Educating Future Engineers in Material Handling Systems Design - An Integrated and Interdisciplinary Approach

At the Institute of Logistics Engineering at Graz University of Technology, the design, analysis, and optimization of material handling systems have traditionally been taught in separate courses distributed across multiple semesters throughout the curriculum. The courses can be divided into two categories: Logistics and Mechanical Engineering. Both cover fundamental principles as well as advanced topics. A problem is that the isolated structure limits interdisciplinary learning and systemic understanding of logistics and engineering challenges. To meet the growing need for engineers with holistic, sustainable, and interdisciplinary systems thinking, a new integrated teaching concept has been developed. This paper presents its design and planned implementation. The approach is inspired by learning factories and aligned with Industry 5.0 principles, which emphasize human-centricity, resilience, and sustainability. The learning factory represents a parcel hub as a virtual model. It serves as a central didactic tool across multiple courses, enabling students from various disciplines to analyse, design, and optimize processes and system components. The implementation will begin with a pilot phase, in which selected courses are integrated into a cohesive framework. Subsequent iterations will further refine the concept based on continuous evaluation and feedback.

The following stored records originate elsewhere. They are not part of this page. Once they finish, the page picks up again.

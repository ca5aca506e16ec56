-- ===== src/Pipeline/Fanouts.antt =====
-- verifier/pipeline/graph.go: when the fan-out of a step is enumerable.
use zero_trust_service.Common.{
  ◌≡◌, ◌≢◌, refl, ◌↔◌, ◌⊎◌, inl, inr, String, Bool, true, false, Option, none, some, List, [], ◌∷◌,
  ◌||◌, ◌==◌, arith, eq_iff, if◌then◌else◌, Option-cases,
}
use zero_trust_service.Pipeline.Model.{FanoutStatus}
use zero_trust_service.Pipeline.Graph.{
  StrategySpec, Pointer, info, fqn_of, strategy_status, status_of, or_else,
}
use zero_trust_service.Pipeline.Instances.{
  Level, add_level, levels_below, same_node, fan_levels, instance_fqns,
}
use zero_trust_service.Pipeline.Resolve.{status_unless}
use zero_trust_service.Pipeline.Standing.{Excludes, AllKnown}

-- A status with which `EvaluateStep` finds no fault.
abbrev pub IsFine : FanoutStatus → Type 0
IsFine s = (s ≡ "enumerable") ⊎ (s ≡ "")

KnownSpec : Option StrategySpec → Type 0
KnownSpec o = (s : StrategySpec) → o ≡ some s → s.known ≡ true

add_level-KnownSpec :
    (o : Option StrategySpec) (fqn : String) (rest : Option (List Level)) (levels : List Level)
    → add_level o fqn rest ≡ some levels
    → KnownSpec o × ((l : List Level) × (rest ≡ some l))
unfolding add_level KnownSpec
add_level-KnownSpec none fqn rest levels h = (λ s e. absurd (cc), (levels, h))
add_level-KnownSpec (some t) fqn none levels h = absurd (cc)
add_level-KnownSpec (some t) fqn (some l) levels h =
    (λ s e. let k : t.known ≡ true = ground (arith, h) in cc, (l, refl))

levels_below-AllKnown :
    (p : Pointer) (levels : List Level) → levels_below [] p ≡ some levels → AllKnown p
unfolding levels_below same_node KnownSpec
levels_below-AllKnown [] levels h = tt
levels_below-AllKnown (n ∷ up) levels h =
    let (known, (l, rest)) = add_level-KnownSpec (info n).strat (info n).fqn _ levels h in
    (known, levels_below-AllKnown up l rest)

status_of-known :
    (o : Option StrategySpec) (rest : FanoutStatus)
    → KnownSpec o
    → or_else (status_of o) rest ≡ rest
unfolding KnownSpec or_else status_of
status_of-known none rest h = refl
status_of-known (some s) rest h = rw (h s refl) refl

-- The status of a strategy that is neither known nor excluded is never a fine one.
given_status :
    (known excluded fixed : Bool) (status rest : FanoutStatus)
    → excluded ≢ true
    → (IsFine status → fixed ≡ true)
    → IsFine (
        or_else
          (if known || excluded then none else if fixed then some "runtime_input" else some status)
          rest)
    → (known ≡ true) × IsFine rest
unfolding or_else
given_status true excluded fixed status rest h f k = (refl, k)
given_status false true fixed status rest h f k = absurd (h refl)
given_status false false true status rest h f k = elim k [
  | inl e ↦ absurd (cc)
  | inr e ↦ absurd (cc)
]
given_status false false false status rest h f k = let e = f k in absurd (cc)

status_of-IsFine :
    (o : Option StrategySpec) (rest : FanoutStatus)
    → ((s : StrategySpec) → o ≡ some s → s.excluded ≢ true)
    → IsFine (or_else (status_of o) rest)
    → KnownSpec o × IsFine rest
unfolding KnownSpec or_else status_of
status_of-IsFine none rest h k = (λ s e. absurd (cc), k)
status_of-IsFine (some t) rest h k =
    let (known, fine) =
      given_status t.known t.excluded (t.status == "enumerable" || t.status == "") t.status rest
        (h t refl) (λ f. ground (arith, f, eq_iff t.status "enumerable", eq_iff t.status "")) k in
    (λ s e. cc, fine)

AllKnown-strategy_status : (p : Pointer) → AllKnown p → strategy_status p ≡ "enumerable"
unfolding strategy_status KnownSpec
AllKnown-strategy_status [] h = refl
AllKnown-strategy_status (n ∷ up) (h, hs) =
    rw (status_of-known (info n).strat (strategy_status up) h) (AllKnown-strategy_status up hs)

strategy_status-AllKnown : (p : Pointer) → ¬ Excludes p → IsFine (strategy_status p) → AllKnown p
unfolding strategy_status KnownSpec
strategy_status-AllKnown [] h k = tt
strategy_status-AllKnown (n ∷ up) h k =
    let (known, rest) =
      status_of-IsFine (info n).strat (strategy_status up) (λ s e x. h (inl (s, e, x))) k in
    (known, strategy_status-AllKnown up (λ x. h (inr x)) rest)

instance_fqns-AllKnown : (p : Pointer) (is : List String) → instance_fqns p ≡ some is → AllKnown p
unfolding instance_fqns
instance_fqns-AllKnown p is h = elim (Option-cases (levels_below [] p)) [
  | inl e ↦ absurd (let k = unlisted (fqn_of p) e in cc)
  | inr (levels, e) ↦ levels_below-AllKnown p levels e
]
  where
    unlisted : {o : Option (List Level)} (f : String) → o ≡ none → fan_levels o f ≡ none
    unlisted f e = rw e (unfold fan_levels in refl)

-- A fan-out whose strategies leave a combination is enumerable exactly when each strategy names its
-- instances.
pub status_unless-IsFine_iff :
    (p : Pointer) (expands : Bool)
    → ((expands ≡ true) → ¬ Excludes p)
    → IsFine (status_unless expands (instance_fqns p) (strategy_status p))
      ↔ ((expands ≡ true) → AllKnown p)
status_unless-IsFine_iff p expands h = by_instances expands h (instance_fqns p) refl
  where
    by_instances :
        (e : Bool)
        → ((e ≡ true) → ¬ Excludes p)
        → (is : Option (List String)) → instance_fqns p ≡ is
        → IsFine (status_unless e is (strategy_status p)) ↔ ((e ≡ true) → AllKnown p)
    by_instances e k (some is) same = (λ f x. instance_fqns-AllKnown p is same, λ f. inr refl)
    by_instances true k none same =
        (λ f x. strategy_status-AllKnown p (k x) f, λ f. inl (AllKnown-strategy_status p (f refl)))
    by_instances false k none same = (λ f x. absurd (cc), λ f. inr refl)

This approach equips students with both theoretical and practical skills, fostering an integrated, systems-based perspective essential for sustainable and efficient design of material handling systems. By embedding real-world applications into the curriculum, this concept ensures that future logistics engineers are prepared to develop technical solutions that align with social and environmental responsibilities, reflected the human-centered vision of Industry 5.0.